Copy every line of the data that includes the string "TokenPayload".

● **Data records**
=== Begin Enclosure ===

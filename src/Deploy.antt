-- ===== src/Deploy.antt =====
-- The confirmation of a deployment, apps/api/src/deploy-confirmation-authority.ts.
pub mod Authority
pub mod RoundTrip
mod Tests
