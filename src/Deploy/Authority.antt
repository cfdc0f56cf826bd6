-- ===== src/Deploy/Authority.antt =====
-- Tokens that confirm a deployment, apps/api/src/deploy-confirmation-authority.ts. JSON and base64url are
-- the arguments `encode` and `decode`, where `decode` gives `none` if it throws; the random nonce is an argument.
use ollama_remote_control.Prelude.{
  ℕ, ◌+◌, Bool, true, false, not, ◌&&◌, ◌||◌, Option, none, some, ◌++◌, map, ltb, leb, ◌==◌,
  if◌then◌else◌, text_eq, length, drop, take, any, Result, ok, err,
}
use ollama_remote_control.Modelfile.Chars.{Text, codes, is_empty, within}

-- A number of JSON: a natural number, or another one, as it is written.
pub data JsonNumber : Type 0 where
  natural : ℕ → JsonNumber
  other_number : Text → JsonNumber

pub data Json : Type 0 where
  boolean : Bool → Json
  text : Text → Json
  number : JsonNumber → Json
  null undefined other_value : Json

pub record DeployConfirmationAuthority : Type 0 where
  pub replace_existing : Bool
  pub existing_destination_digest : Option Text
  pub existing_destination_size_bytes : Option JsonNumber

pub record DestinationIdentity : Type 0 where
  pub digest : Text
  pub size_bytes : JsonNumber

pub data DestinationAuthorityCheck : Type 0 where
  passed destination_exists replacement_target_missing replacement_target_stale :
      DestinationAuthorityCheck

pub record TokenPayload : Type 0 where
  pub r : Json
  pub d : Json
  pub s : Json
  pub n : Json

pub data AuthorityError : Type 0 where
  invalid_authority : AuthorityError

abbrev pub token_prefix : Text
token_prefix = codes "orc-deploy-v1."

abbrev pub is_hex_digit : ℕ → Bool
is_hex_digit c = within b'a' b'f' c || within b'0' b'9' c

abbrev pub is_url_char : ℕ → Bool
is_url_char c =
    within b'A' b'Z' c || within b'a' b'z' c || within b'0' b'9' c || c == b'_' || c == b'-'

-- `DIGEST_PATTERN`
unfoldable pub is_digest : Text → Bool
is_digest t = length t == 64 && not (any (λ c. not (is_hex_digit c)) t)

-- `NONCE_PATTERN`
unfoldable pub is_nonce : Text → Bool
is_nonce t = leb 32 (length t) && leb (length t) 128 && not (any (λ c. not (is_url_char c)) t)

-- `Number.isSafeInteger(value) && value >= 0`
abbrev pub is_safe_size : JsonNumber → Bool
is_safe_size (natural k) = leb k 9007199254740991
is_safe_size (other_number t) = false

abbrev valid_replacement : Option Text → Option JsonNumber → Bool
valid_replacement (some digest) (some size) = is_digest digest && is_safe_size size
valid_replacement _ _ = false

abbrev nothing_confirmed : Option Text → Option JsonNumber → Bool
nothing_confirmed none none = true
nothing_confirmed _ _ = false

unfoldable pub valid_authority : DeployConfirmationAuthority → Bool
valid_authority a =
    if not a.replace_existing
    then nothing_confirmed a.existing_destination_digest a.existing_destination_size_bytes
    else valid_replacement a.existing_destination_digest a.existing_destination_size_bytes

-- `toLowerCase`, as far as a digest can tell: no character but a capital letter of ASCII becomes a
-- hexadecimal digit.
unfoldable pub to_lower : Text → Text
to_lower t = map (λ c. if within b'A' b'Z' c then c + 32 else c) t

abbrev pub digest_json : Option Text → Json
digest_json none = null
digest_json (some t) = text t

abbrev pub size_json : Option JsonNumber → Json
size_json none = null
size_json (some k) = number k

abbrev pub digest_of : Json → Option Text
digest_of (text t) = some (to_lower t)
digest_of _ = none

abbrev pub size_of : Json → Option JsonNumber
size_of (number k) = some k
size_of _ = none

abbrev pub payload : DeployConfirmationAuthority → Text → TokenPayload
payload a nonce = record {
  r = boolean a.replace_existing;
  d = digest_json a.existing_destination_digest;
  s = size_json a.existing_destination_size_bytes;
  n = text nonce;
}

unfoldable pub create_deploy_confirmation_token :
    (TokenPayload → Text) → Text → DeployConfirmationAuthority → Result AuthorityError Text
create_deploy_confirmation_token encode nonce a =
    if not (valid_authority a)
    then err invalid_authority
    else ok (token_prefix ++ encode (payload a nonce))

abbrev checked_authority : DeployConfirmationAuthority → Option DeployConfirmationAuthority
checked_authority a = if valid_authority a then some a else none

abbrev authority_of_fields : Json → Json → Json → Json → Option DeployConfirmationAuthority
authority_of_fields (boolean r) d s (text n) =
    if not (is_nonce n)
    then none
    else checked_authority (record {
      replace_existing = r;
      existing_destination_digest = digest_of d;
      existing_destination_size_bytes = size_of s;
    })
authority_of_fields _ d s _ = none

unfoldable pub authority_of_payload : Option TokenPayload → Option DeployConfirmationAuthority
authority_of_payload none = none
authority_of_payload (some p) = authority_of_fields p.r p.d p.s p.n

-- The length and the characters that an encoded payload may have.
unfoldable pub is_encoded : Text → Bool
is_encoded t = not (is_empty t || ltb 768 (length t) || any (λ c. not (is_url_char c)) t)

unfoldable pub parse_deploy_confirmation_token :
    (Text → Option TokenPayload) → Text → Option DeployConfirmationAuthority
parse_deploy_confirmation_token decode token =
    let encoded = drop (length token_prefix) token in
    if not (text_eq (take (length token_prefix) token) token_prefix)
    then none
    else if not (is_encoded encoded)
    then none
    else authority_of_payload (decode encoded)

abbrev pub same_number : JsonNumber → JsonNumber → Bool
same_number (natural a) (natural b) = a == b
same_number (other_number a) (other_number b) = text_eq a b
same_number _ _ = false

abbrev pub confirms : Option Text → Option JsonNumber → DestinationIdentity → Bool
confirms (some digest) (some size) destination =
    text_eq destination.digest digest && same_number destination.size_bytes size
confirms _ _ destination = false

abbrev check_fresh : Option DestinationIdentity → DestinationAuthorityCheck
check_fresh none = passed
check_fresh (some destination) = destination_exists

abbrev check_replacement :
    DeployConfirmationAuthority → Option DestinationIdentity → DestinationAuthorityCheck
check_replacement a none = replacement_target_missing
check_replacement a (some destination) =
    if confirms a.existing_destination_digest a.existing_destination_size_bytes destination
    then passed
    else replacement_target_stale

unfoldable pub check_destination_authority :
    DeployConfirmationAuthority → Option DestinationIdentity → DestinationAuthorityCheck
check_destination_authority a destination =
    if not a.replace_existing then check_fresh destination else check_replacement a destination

=== End Enclosure ===

● **Worked solution**
pub record TokenPayload : Type 0 where
abbrev pub payload : DeployConfirmationAuthority → Text → TokenPayload
    (TokenPayload → Text) → Text → DeployConfirmationAuthority → Result AuthorityError Text
unfoldable pub authority_of_payload : Option TokenPayload → Option DeployConfirmationAuthority
    (Text → Option TokenPayload) → Text → Option DeployConfirmationAuthority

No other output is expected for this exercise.